Clearly, if $G$ is $1$-regular or $2$-regular, and if $T$ is an independent set in $G$, then there is a maximal independent set $H$ in $G$ such that $T\cap H=\emptyset$.
Let $G$ be the $3$-regular graph of order $14$ with $V(G)=\{a,b,c,d,e,f,g,t,u,v,w,x,y,z\}$ and $E(G)=\{ab,bc,cd,de,ea,fb,fd,gc,ge,fg,tu,uv,vw,wx,xt,yu,yw,zx,zv,yz,at\}$.
Then $T=\{b,e,u,x\}$ is a maximal independent set in $G$, and if $H$ is any independent set in $G$ which is dominating for $T$, then $T\cap H\ne\emptyset$.

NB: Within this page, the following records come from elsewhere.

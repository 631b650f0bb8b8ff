-- ===== src/Hasher.antt =====
-- src/htnstratum/hasher.go: the bytes of a block header that are hashed for a job, and the two forms
-- in which a job's header is sent. The hash, BLAKE3 with the key "BlockHash", is an argument.
pub mod Digits
pub mod Words
mod Tests
use htn_stratum_bridge.Prelude.{
  ℕ, zero, suc, ◌+◌, ◌-◌, ◌*◌, ◌/◌, ◌%◌, ◌^◌, ◌&&◌, Bool, Option, none, some, List, [], ◌∷◌, ◌++◌,
  Bytes, codes, map, length, take, drop, ltb, nat_eq, if◌then◌else◌, put_le, put_be, le_value,
  be_value, hex_digit, digits_value,
}
use htn_stratum_bridge.Rpc.{Header}

-- What `hex.DecodeString` returns, whether it fails or not: the bytes before the first fault.
unfoldable pub hex_prefix : Bytes → Bytes
hex_prefix [] = []
hex_prefix (a ∷ []) = []
hex_prefix (a ∷ b ∷ s) =
    let rest = hex_prefix s in
    elim (hex_digit a) [
      | none ↦ []
      | some x ↦ elim (hex_digit b) [ none ↦ [] | some y ↦ (x * 16 + y) ∷ rest ]
    ]

abbrev pub concat {ℓ} : {A : Type ℓ} → List (List A) → List A
concat [] = []
concat (x ∷ xs) = x ++ concat xs

-- The parents of one level.
abbrev pub level_bytes : List Bytes → Bytes
level_bytes parents = put_le 8 (length parents % 2 ^ 64) ++ concat (map hex_prefix parents)

-- The loop that puts zeros in front of a text until its length is even.
abbrev pub even_hex : Bytes → Bytes
even_hex bw = if nat_eq (length bw % 2) 1 then b'0' ∷ bw else bw

-- What `SerializeBlockHeader` writes. The time and the nonce are zeros.
unfoldable pub header_bytes : Header → Bytes
unfolding put_le hex_prefix
header_bytes h =
    let bw = even_hex h.blue_work in
    put_le 2 (h.version % 2 ^ 16)
    ++ (put_le 8 (length h.parents % 2 ^ 64)
        ++ (concat (map level_bytes h.parents)
            ++ (hex_prefix h.hash_merkle_root
                ++ (hex_prefix h.accepted_id_merkle_root
                    ++ (hex_prefix h.utxo_commitment
                        ++ (put_le 8 0
                            ++ (put_le 4 (h.bits % 2 ^ 32)
                                ++ (put_le 8 0
                                    ++ (put_le 8 (h.daa_score % 2 ^ 64)
                                        ++ (put_le 8 (h.blue_score % 2 ^ 64)
                                            ++ (put_le 8 (length (hex_prefix bw) % 2 ^ 64)
                                                ++ (hex_prefix bw
                                                    ++ hex_prefix h.pruning_point))))))))))))

-- `SerializeBlockHeader`; the error that it can return is that of writing numbers to a buffer, which
-- does not happen.
unfoldable pub serialize_block_header : (Bytes → Bytes) → Header → Option Bytes
unfolding header_bytes
serialize_block_header blake3 h = some (blake3 (header_bytes h))

abbrev pub hex_char : ℕ → ℕ
hex_char d = if ltb d 10 then b'0' + d else b'a' + (d - 10)

-- The hexadecimal digits of a number, on fuel.
unfoldable pub hex_from : ℕ → ℕ → Bytes → Bytes
hex_from zero n acc = acc
hex_from (suc fuel) n acc =
    let more = hex_from fuel (n / 16) (hex_char (n % 16) ∷ acc) in
    if ltb n 16 then hex_char n ∷ acc else more

-- `%x`
unfoldable pub show_hex : ℕ → Bytes
unfolding hex_from
show_hex n = hex_from (suc n) n []

unfoldable pub zeros : ℕ → Bytes
zeros zero = []
zeros (suc n) = b'0' ∷ zeros n

-- `%016x`
unfoldable pub show_hex16 : ℕ → Bytes
unfolding show_hex zeros
show_hex16 n = zeros (16 - length (show_hex n)) ++ show_hex n

-- `binary.LittleEndian.Uint64(headerData[i:])` and the like.
abbrev pub word : ℕ → Bytes → Bytes
word i header = take 8 (drop i header)

-- `bb.Uint64()`, of a number that was read or else is zero.
abbrev pub low_word : Option ℕ → ℕ
low_word none = 0
low_word (some n) = n % 2 ^ 64

-- The number as it is printed and read back, by `bb.SetString(asHex, 16)`.
abbrev pub reread : ℕ → ℕ
reread v = low_word (digits_value hex_digit 16 0 (show_hex v))

abbrev pub header_words : Bytes → List ℕ
header_words header = map (λ i. reread (le_value (word i header))) (0 ∷ 8 ∷ 16 ∷ 24 ∷ [])

-- `GenerateJobHeader`; `none` is a slice out of range.
unfoldable pub generate_job_header : Bytes → Option (List ℕ)
generate_job_header header = if ltb (length header) 32 then none else some (header_words header)

-- The text that `GenerateLargeJobParams` prints.
abbrev pub large_text : Bytes → ℕ → Bytes
large_text header timestamp =
    show_hex16 (be_value (word 0 header))
    ++ (show_hex16 (be_value (word 8 header))
        ++ (show_hex16 (be_value (word 16 header))
            ++ (show_hex16 (be_value (word 24 header))
                ++ show_hex16 (le_value (put_be 8 timestamp)))))

-- `GenerateLargeJobParams`; a text of another length than 80 would only be logged.
unfoldable pub generate_large_job_params : Bytes → ℕ → Option Bytes
generate_large_job_params header timestamp =
    if ltb (length header) 32 then none else some (large_text header timestamp)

If $m\in\mathbb N$ then $mG$ is a $3$-regular graph of order $n=14m$ containing a maximal independent set $T'$ (with $|T'|=4m$) such that, if $H$ is any independent set in $mG$ which is dominating for $T'$, then $|T'\cap H|\ge m=\frac1{14}n$. This seems to contradict your "easy to see" claim about $|T\cap H|=O(\log n)$.
Evidently I am missing something. Either I am writing nonsense, or I misunderstood the question, or perhaps you misstated it?